| THE TASK |
Check every line below for the word "real" and copy the ones that have it.

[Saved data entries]
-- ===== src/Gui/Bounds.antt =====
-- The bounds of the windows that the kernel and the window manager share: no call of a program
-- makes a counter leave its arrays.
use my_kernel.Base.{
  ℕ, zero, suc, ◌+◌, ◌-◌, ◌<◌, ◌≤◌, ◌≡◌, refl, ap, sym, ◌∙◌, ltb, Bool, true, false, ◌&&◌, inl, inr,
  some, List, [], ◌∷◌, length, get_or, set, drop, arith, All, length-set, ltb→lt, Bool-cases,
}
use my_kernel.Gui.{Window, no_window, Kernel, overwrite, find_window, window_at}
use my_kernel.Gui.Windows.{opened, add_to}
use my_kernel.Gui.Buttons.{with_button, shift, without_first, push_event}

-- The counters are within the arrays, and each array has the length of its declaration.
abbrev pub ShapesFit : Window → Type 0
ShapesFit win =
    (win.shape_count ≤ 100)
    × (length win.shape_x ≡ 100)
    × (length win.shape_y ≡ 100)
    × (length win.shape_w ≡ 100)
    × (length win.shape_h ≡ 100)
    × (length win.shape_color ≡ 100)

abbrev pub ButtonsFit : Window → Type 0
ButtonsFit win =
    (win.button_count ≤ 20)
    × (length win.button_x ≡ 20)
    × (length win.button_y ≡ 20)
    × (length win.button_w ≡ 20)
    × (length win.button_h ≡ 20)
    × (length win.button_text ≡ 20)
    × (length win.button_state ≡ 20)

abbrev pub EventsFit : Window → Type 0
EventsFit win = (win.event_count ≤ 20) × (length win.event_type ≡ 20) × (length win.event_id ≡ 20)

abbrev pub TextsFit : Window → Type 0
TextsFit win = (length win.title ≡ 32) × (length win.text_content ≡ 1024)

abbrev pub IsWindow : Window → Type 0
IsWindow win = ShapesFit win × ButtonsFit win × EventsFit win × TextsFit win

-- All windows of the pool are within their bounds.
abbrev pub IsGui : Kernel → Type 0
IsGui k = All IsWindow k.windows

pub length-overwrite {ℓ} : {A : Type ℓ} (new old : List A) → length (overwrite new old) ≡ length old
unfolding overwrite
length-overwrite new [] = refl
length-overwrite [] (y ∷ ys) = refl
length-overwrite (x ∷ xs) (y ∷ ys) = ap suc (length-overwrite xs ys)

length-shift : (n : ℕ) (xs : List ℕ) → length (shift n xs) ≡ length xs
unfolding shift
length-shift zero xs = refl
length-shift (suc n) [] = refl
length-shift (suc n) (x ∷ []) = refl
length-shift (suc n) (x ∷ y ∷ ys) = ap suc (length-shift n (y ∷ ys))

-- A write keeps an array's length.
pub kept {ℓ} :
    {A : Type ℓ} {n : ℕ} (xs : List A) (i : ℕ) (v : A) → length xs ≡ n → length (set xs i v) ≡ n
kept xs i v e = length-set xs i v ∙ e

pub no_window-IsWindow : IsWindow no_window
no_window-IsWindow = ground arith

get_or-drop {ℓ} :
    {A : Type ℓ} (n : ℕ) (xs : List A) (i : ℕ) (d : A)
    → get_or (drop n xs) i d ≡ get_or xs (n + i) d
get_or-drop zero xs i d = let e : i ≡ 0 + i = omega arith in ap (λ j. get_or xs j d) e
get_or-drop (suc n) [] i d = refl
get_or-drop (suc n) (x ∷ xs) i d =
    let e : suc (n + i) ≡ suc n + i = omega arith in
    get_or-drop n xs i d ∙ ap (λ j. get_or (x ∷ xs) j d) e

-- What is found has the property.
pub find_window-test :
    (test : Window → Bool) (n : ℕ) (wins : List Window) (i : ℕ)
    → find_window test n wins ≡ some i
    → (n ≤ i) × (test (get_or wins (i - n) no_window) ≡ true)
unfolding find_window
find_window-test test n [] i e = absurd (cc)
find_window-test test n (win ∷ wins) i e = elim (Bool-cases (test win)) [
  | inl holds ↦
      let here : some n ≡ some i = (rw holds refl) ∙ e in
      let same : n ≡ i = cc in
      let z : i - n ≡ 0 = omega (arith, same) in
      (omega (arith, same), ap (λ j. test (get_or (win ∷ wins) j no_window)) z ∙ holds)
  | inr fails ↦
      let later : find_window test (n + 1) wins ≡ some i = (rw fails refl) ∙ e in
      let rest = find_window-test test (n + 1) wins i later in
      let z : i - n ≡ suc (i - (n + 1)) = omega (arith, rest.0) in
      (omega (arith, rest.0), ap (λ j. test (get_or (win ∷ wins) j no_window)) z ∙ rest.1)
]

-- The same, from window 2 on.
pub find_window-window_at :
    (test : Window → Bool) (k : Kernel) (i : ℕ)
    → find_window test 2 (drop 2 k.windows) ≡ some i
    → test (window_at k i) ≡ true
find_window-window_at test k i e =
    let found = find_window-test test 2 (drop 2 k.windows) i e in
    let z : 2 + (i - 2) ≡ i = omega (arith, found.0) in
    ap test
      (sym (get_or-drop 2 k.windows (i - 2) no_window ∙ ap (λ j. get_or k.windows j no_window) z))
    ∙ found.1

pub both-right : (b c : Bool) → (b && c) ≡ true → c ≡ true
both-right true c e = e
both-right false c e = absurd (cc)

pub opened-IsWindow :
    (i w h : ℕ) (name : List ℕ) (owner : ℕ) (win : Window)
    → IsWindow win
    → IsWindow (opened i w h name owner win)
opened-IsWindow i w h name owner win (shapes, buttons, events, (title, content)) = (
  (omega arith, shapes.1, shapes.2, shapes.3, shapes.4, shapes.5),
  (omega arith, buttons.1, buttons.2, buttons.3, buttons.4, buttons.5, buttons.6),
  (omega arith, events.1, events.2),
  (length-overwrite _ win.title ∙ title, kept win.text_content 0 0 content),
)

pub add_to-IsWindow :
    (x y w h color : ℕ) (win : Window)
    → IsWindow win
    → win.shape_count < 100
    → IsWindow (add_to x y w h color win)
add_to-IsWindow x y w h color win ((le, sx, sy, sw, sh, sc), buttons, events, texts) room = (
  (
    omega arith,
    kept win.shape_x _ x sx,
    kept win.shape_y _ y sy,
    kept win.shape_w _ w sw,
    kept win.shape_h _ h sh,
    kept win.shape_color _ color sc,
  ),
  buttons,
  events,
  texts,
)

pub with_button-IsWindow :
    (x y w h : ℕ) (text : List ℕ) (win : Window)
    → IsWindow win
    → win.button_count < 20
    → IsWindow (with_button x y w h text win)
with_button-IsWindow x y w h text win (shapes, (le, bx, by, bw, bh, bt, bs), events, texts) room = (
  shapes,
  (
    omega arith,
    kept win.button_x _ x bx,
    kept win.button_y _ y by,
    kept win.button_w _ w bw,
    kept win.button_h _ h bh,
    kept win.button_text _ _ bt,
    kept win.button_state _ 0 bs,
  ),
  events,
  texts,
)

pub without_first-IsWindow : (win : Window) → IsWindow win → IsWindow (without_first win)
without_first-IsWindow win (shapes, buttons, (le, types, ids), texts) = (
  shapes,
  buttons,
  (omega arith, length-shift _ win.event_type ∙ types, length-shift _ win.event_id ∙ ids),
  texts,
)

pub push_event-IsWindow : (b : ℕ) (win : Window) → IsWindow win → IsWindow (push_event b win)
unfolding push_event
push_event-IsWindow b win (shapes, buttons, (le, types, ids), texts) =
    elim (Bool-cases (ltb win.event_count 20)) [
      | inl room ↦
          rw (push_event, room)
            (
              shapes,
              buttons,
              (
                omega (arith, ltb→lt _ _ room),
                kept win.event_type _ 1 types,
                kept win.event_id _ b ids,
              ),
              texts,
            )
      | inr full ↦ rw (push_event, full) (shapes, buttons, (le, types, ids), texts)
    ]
==
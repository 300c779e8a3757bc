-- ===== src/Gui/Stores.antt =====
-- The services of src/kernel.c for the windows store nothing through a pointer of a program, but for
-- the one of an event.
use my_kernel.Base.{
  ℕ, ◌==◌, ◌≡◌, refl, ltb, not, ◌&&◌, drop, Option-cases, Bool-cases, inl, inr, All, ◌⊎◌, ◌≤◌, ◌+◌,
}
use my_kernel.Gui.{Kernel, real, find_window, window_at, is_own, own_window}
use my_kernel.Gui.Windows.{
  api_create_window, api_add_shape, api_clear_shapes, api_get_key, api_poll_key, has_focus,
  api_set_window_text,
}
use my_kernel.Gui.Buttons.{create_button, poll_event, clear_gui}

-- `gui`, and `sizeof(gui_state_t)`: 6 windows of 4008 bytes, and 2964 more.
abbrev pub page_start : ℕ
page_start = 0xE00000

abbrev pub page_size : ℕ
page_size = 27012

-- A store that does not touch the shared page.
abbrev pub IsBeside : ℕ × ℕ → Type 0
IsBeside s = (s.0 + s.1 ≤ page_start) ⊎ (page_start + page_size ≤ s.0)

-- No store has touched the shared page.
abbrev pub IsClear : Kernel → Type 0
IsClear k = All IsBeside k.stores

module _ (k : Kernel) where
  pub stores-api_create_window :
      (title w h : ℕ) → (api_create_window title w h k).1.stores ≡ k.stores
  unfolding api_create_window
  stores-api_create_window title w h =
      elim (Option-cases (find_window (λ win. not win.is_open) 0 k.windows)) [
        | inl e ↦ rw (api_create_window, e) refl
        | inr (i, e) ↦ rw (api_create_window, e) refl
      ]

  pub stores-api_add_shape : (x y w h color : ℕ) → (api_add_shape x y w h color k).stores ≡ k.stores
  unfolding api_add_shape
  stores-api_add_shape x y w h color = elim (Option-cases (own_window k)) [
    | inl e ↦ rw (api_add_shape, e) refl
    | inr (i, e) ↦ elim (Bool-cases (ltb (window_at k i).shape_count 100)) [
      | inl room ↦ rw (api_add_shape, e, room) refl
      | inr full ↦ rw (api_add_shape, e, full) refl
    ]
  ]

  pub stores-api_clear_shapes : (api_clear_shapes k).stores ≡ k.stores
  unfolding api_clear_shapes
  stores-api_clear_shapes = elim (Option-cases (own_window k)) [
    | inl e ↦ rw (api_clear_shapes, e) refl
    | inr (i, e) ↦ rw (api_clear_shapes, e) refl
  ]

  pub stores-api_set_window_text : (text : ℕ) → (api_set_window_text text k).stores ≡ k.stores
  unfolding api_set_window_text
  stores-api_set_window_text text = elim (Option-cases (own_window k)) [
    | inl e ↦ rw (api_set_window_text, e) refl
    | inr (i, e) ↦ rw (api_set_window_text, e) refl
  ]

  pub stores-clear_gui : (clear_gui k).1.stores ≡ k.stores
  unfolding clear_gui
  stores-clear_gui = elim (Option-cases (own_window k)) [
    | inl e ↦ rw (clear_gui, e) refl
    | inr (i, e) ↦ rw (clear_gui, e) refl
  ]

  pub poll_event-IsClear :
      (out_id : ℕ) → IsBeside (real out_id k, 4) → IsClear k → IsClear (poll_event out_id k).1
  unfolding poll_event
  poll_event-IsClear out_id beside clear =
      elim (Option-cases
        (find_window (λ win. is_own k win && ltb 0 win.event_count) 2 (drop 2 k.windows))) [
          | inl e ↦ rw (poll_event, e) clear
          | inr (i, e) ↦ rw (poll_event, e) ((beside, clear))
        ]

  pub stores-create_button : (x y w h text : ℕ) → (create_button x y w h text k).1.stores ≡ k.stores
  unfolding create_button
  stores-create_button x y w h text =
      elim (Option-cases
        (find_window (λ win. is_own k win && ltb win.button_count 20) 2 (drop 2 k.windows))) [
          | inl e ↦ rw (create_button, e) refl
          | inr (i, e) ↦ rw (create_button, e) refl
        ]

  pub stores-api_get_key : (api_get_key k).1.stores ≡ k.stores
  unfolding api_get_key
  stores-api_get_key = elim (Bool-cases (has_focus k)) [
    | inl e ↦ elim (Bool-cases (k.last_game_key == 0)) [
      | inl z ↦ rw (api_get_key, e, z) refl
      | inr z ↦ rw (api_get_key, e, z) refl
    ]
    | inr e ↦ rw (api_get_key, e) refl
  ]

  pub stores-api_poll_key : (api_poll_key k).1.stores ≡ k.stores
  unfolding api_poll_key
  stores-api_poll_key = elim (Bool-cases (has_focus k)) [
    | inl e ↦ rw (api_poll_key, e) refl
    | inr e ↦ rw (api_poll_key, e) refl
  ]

| TASK RESPONSE |
use my_kernel.Gui.{Kernel, real, find_window, window_at, is_own, own_window}
      (out_id : ℕ) → IsBeside (real out_id k, 4) → IsClear k → IsClear (poll_event out_id k).1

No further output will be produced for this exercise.